(Records from a dataset)
┌────────

-- ===== src/Http/Helpers.antt =====
-- src/http/http_helpers.hpp: the answer to an error of TDLib. A text is its bytes. The response is its
-- status, its Retry-After and the error in it. The ids in paths are in Helpers/Ids.
pub mod Status
pub mod Ids
use telegram_rest_gateway.Prelude.{
  ℕ, zero, suc, ◌+◌, ◌-◌, ◌*◌, ◌/◌, ◌%◌, ◌^◌, ◌≤◌, ◌<◌, min, max, ◌≡◌, refl, sym, ap, ◌∙◌, subst,
  ◌≢◌, ◌↔◌, ◌⊎◌, inl, inr, Bool, true, false, ◌&&◌, ◌||◌, not, Option, none, some, List, [], ◌∷◌,
  ◌++◌, map, arith, ltb, leb, ltb→lt, lt→ltb, leb→le, if◌then◌else◌, Bool-cases, Option-cases, Eq,
  ◌==◌, eq_refl, nat_eq, Bytes, bytes_beq_iff, nat_beq_iff, bytes_eq, codes, length, get_elem?,
  get_or, take, drop, keep_if, all, any, length-append, length-keep_if-le, take-append-drop,
  length-take, length-drop, drop-append, take-append, All, All-append, All-map, All-keep_if, All-at,
  some-injective,
}
use telegram_rest_gateway.Prelude.Text.{is_digit}
use telegram_rest_gateway.Http.ScopePolicy.{ascii_lower}

-- startsWithNoCase
unfoldable pub begins_no_case : Bytes → Bytes → Bool
begins_no_case s [] = true
begins_no_case [] (p ∷ ps) = false
begins_no_case (c ∷ s) (p ∷ ps) =
    let rest = begins_no_case s ps in if ascii_lower c == ascii_lower p then rest else false

-- The first place of the needle; none is npos.
unfoldable pub find_no_case : Bytes → Bytes → Option ℕ
unfolding begins_no_case
find_no_case [] needle = if begins_no_case [] needle then some 0 else none
find_no_case (c ∷ s) needle =
    let rest = find_no_case s needle in
    if begins_no_case (c ∷ s) needle
    then some 0
    else elim rest [ none ↦ none | some i ↦ some (suc i) ]

unfoldable pub is_some {ℓ} : {A : Type ℓ} → Option A → Bool
is_some none = false
is_some (some a) = true

unfoldable pub contains_no_case : Bytes → Bytes → Bool
unfolding find_no_case is_some
contains_no_case s needle = is_some (find_no_case s needle)

unfoldable pub skip_to_digit : Bytes → Bytes
skip_to_digit [] = []
skip_to_digit (c ∷ s) = if is_digit c then c ∷ s else skip_to_digit s

unfoldable pub leading_digits : Bytes → Bytes
leading_digits [] = []
leading_digits (c ∷ s) = if is_digit c then c ∷ leading_digits s else []

-- std::from_chars to a long of 64 bits: none on overflow.
unfoldable pub long_max : ℕ
long_max = 2 ^ 63 - 1

unfoldable pub value_from : ℕ → Bytes → ℕ
value_from acc [] = acc
value_from acc (c ∷ s) = value_from (acc * 10 + (c - b'0')) s

unfoldable pub number_of : Bytes → Option ℕ
unfolding value_from
number_of [] = none
number_of (c ∷ s) =
    if leb (value_from 0 (c ∷ s)) long_max then some (value_from 0 (c ∷ s)) else none

unfoldable pub parse_trailing_number : Bytes → ℕ → Option ℕ
unfolding skip_to_digit leading_digits number_of
parse_trailing_number s from = number_of (leading_digits (skip_to_digit (drop from s)))

-- td_api::error; the code is an int32, and only its comparisons with 400 and 429 matter.
pub record TdError : Type 0 where
  pub code : ℕ
  pub message : Bytes

unfoldable pub http_status_for_td_error : TdError → ℕ
unfolding contains_no_case begins_no_case
http_status_for_td_error e =
    if e.code == 400
    then (if contains_no_case e.message (codes "not found") then 404 else 400)
    else if e.code == 429
        || begins_no_case e.message (codes "Too Many Requests")
        || contains_no_case e.message (codes "FLOOD_WAIT")
    then 429
    else 502

unfoldable pub retry_after_seconds : Bytes → Option ℕ
unfolding find_no_case parse_trailing_number
retry_after_seconds message = elim (find_no_case message (codes "retry after")) [
  | some pos ↦ parse_trailing_number message pos
  | none ↦ elim (find_no_case message (codes "FLOOD_WAIT_")) [
    | some pos ↦ parse_trailing_number message pos
    | none ↦ none
  ]
]

pub record ErrorResponse : Type 0 where
  pub status : ℕ
  pub retry_after : Option ℕ
  pub tdlib_code : ℕ
  pub message : Bytes

unfoldable pub telegram_error : TdError → ErrorResponse
unfolding http_status_for_td_error retry_after_seconds
telegram_error e =
    let status = http_status_for_td_error e in
    record {
      status = status;
      retry_after = if status == 429 then retry_after_seconds e.message else none;
      tdlib_code = e.code;
      message = e.message;
    }
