-- ===== src/Http/Helpers/Ids.antt =====
-- src/http/http_helpers.hpp: the id in the path of a request, and that the ids of answers are read back.
pub mod Tests
use telegram_rest_gateway.Prelude.{
  ℕ, zero, suc, ◌+◌, ◌-◌, ◌*◌, ◌/◌, ◌%◌, ◌^◌, ◌≤◌, ◌<◌, min, max, ◌≡◌, refl, sym, ap, ◌∙◌, subst,
  ◌≢◌, ◌↔◌, ◌⊎◌, inl, inr, Bool, true, false, ◌&&◌, ◌||◌, not, Option, none, some, List, [], ◌∷◌,
  ◌++◌, map, arith, ltb, leb, ltb→lt, lt→ltb, leb→le, if◌then◌else◌, Bool-cases, Option-cases, Eq,
  ◌==◌, eq_refl, nat_eq, Bytes, bytes_beq_iff, nat_beq_iff, bytes_eq, codes, length, get_elem?,
  get_or, take, drop, keep_if, all, any, length-append, length-keep_if-le, take-append-drop,
  length-take, length-drop, drop-append, take-append, All, All-append, All-map, All-keep_if, All-at,
  some-injective,
}
use telegram_rest_gateway.Prelude.Int.{ℤ, pos, negsuc, decimal, to_string, value_from}
use telegram_rest_gateway.Prelude.Json.{Json, string, member}
use telegram_rest_gateway.Config.Environment.{
  NumberType, is_digit, Parsed, parsed, invalid_argument, result_out_of_range, parse_unsigned,
  parse_negative,
}
use telegram_rest_gateway.Config.Numbers.{
  in_range, decimal_lem, decimal-ne-nil, parse_unsigned_lem, parse_negative_lem,
}
use telegram_rest_gateway.Dto.Objects.{Message}
use telegram_rest_gateway.Dto.Projections.{message_to_json}
use telegram_rest_gateway.Dto.Members.{message_to_json-id, message_to_json-chat_id}

abbrev pub int64 : NumberType
int64 = record { is_signed = true; largest = 2 ^ 63 - 1 }

-- isspace of the C locale.
abbrev is_white : ℕ → Bool
is_white c = c == 32 || (leb 9 c && leb c 13)

unfoldable pub skip_white : Bytes → Bytes
skip_white [] = []
skip_white (c ∷ s) = if is_white c then skip_white s else c ∷ s

-- std::stoll in base 10: white space, a sign, and the digits.
unfoldable pub signed_digits : Bytes → Parsed
unfolding parse_unsigned parse_negative
signed_digits [] = invalid_argument
signed_digits (c ∷ s) =
    if c == b'-'
    then parse_negative int64 s
    else if c == b'+'
    then parse_unsigned int64 s
    else parse_unsigned int64 (c ∷ s)

unfoldable pub stoll : Bytes → Parsed
unfolding skip_white signed_digits
stoll s = signed_digits (skip_white s)

-- The id, if stoll throws nothing and reads the whole text.
unfoldable pub whole_text : Parsed → Option ℤ
whole_text (parsed n []) = some n
whole_text _ = none

unfoldable pub parse_id : Bytes → Option ℤ
unfolding stoll whole_text
parse_id [] = none
parse_id (c ∷ s) = whole_text (stoll (c ∷ s))

digits_first :
    (s : Bytes) → all is_digit s ≡ true → s ≢ [] → parse_id s ≡ whole_text (parse_unsigned int64 s)
unfolding parse_id stoll skip_white signed_digits
digits_first [] d ne = absurd (ne refl)
digits_first (c ∷ s) d ne = ground (arith, d)

minus_first : (s : Bytes) → parse_id (b'-' ∷ s) ≡ whole_text (parse_negative int64 s)
unfolding parse_id stoll skip_white signed_digits
minus_first s = refl

-- Each 64-bit integer is read back from its decimal text.
parse_id-to_string : (n : ℤ) → in_range int64 n ≡ true → parse_id (to_string n) ≡ some n
unfolding to_string whole_text
parse_id-to_string (pos n) h =
    let (d, v) = decimal_lem n in
    digits_first (decimal n) d (decimal-ne-nil n)
    ∙ (ap whole_text
          (parse_unsigned_lem int64 (decimal n) d (decimal-ne-nil n) (ground (arith, v, h)))
        ∙ ap some (ap pos v))
parse_id-to_string (negsuc n) h =
    let (d, v) = decimal_lem (suc n) in
    minus_first (decimal (suc n))
    ∙ (ap whole_text (
          parse_negative_lem int64 (decimal (suc n)) d (decimal-ne-nil (suc n))
            (ground (arith, v, h)) (ground (arith, v, h)))
        ∙ ap some (ap negsuc (omega (arith, v))))

-- What a client reads in an answer under a key, as the id of its next request.
abbrev id_of : Option Json → Option ℤ
id_of (some (string t)) = parse_id t
id_of _ = none

abbrev pub id_in : Bytes → Json → Option ℤ
id_in key json = id_of (member key json)

-- A client that puts the id of a message, or of its chat, from an answer into the path of a request names the
-- same message and the same chat, for every 64-bit id.
pub parse_id-message_to_json :
    (m : Message)
    → in_range int64 m.id ≡ true
    → in_range int64 m.chat_id ≡ true
    → (id_in (codes "id") (message_to_json m) ≡ some m.id)
      × (id_in (codes "chat_id") (message_to_json m) ≡ some m.chat_id)
parse_id-message_to_json m h h' = (
  ap id_of (message_to_json-id m) ∙ parse_id-to_string m.id h,
  ap id_of (message_to_json-chat_id m) ∙ parse_id-to_string m.chat_id h',
)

└────────

■ WORK INSTRUCTION
Of all the entries above, output exactly the lines between the one holding "unfolding to_string whole_text" and the one holding "id_in key json = id_of (member key json)", inclusive.

■ FINAL ANSWER
unfolding to_string whole_text
parse_id-to_string (pos n) h =
    let (d, v) = decimal_lem n in
    digits_first (decimal n) d (decimal-ne-nil n)
    ∙ (ap whole_text
          (parse_unsigned_lem int64 (decimal n) d (decimal-ne-nil n) (ground (arith, v, h)))
        ∙ ap some (ap pos v))
parse_id-to_string (negsuc n) h =
    let (d, v) = decimal_lem (suc n) in
    minus_first (decimal (suc n))
    ∙ (ap whole_text (
          parse_negative_lem int64 (decimal (suc n)) d (decimal-ne-nil (suc n))
            (ground (arith, v, h)) (ground (arith, v, h)))
        ∙ ap some (ap negsuc (omega (arith, v))))

-- What a client reads in an answer under a key, as the id of its next request.
abbrev id_of : Option Json → Option ℤ
id_of (some (string t)) = parse_id t
id_of _ = none

abbrev pub id_in : Bytes → Json → Option ℤ
id_in key json = id_of (member key json)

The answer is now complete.